**Problem statement**
Look through the lines below and extract each one that contains "loop".

-- Working data follows --

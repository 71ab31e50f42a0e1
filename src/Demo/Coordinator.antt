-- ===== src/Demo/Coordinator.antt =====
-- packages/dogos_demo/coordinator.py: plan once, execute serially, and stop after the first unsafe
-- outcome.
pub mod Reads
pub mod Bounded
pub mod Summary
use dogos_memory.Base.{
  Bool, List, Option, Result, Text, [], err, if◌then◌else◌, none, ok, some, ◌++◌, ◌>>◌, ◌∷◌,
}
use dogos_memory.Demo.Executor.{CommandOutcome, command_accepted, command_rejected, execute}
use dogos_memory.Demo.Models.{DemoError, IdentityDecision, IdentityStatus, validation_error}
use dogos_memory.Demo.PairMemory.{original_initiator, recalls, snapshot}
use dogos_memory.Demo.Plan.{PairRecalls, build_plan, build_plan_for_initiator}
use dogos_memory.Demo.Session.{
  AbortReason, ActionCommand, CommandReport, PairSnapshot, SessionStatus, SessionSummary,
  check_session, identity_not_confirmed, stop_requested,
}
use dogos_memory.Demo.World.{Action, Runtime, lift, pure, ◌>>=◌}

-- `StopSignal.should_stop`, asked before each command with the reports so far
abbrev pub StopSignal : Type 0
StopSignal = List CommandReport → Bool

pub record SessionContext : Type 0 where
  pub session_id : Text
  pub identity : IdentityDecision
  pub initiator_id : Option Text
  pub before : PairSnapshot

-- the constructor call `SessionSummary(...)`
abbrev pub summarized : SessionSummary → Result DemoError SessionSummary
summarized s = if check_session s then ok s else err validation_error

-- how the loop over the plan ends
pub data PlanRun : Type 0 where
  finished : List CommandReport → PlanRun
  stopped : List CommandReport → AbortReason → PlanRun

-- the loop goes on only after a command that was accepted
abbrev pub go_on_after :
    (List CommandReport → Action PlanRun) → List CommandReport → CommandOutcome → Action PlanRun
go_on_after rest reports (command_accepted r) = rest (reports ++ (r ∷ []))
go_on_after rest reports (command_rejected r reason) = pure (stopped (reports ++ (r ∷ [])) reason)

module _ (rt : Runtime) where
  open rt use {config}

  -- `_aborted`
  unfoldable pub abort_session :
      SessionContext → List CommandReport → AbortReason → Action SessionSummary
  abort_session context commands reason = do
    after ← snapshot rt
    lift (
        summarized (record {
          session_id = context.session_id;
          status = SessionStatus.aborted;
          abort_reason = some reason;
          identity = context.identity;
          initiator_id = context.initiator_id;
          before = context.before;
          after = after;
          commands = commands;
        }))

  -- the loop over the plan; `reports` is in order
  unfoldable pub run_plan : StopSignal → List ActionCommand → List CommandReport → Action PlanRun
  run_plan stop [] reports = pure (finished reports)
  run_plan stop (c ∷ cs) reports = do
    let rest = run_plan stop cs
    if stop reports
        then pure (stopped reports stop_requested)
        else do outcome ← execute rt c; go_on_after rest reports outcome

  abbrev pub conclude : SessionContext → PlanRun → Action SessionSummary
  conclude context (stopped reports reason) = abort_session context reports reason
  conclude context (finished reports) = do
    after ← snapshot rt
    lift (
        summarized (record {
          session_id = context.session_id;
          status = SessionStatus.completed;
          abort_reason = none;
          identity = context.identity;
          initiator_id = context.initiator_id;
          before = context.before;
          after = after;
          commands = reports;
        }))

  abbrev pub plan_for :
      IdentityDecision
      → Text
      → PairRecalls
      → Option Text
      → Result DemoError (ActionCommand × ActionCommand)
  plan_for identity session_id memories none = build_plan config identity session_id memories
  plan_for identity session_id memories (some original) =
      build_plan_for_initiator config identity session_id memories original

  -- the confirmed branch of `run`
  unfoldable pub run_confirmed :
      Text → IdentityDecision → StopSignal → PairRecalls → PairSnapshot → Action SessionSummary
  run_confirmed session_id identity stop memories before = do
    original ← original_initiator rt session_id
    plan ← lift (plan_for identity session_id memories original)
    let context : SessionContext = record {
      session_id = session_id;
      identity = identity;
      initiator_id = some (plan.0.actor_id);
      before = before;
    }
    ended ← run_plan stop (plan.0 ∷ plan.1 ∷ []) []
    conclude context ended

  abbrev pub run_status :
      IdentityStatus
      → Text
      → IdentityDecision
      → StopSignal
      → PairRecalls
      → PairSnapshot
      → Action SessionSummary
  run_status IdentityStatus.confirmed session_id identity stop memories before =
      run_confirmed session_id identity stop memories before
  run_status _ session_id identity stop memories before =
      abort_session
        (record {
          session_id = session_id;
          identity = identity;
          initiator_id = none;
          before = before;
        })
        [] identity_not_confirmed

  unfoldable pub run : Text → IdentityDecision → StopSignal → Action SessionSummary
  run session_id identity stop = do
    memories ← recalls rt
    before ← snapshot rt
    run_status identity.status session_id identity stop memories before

-- Working data concluded --

**Response**
-- how the loop over the plan ends
-- the loop goes on only after a command that was accepted
  -- the loop over the plan; `reports` is in order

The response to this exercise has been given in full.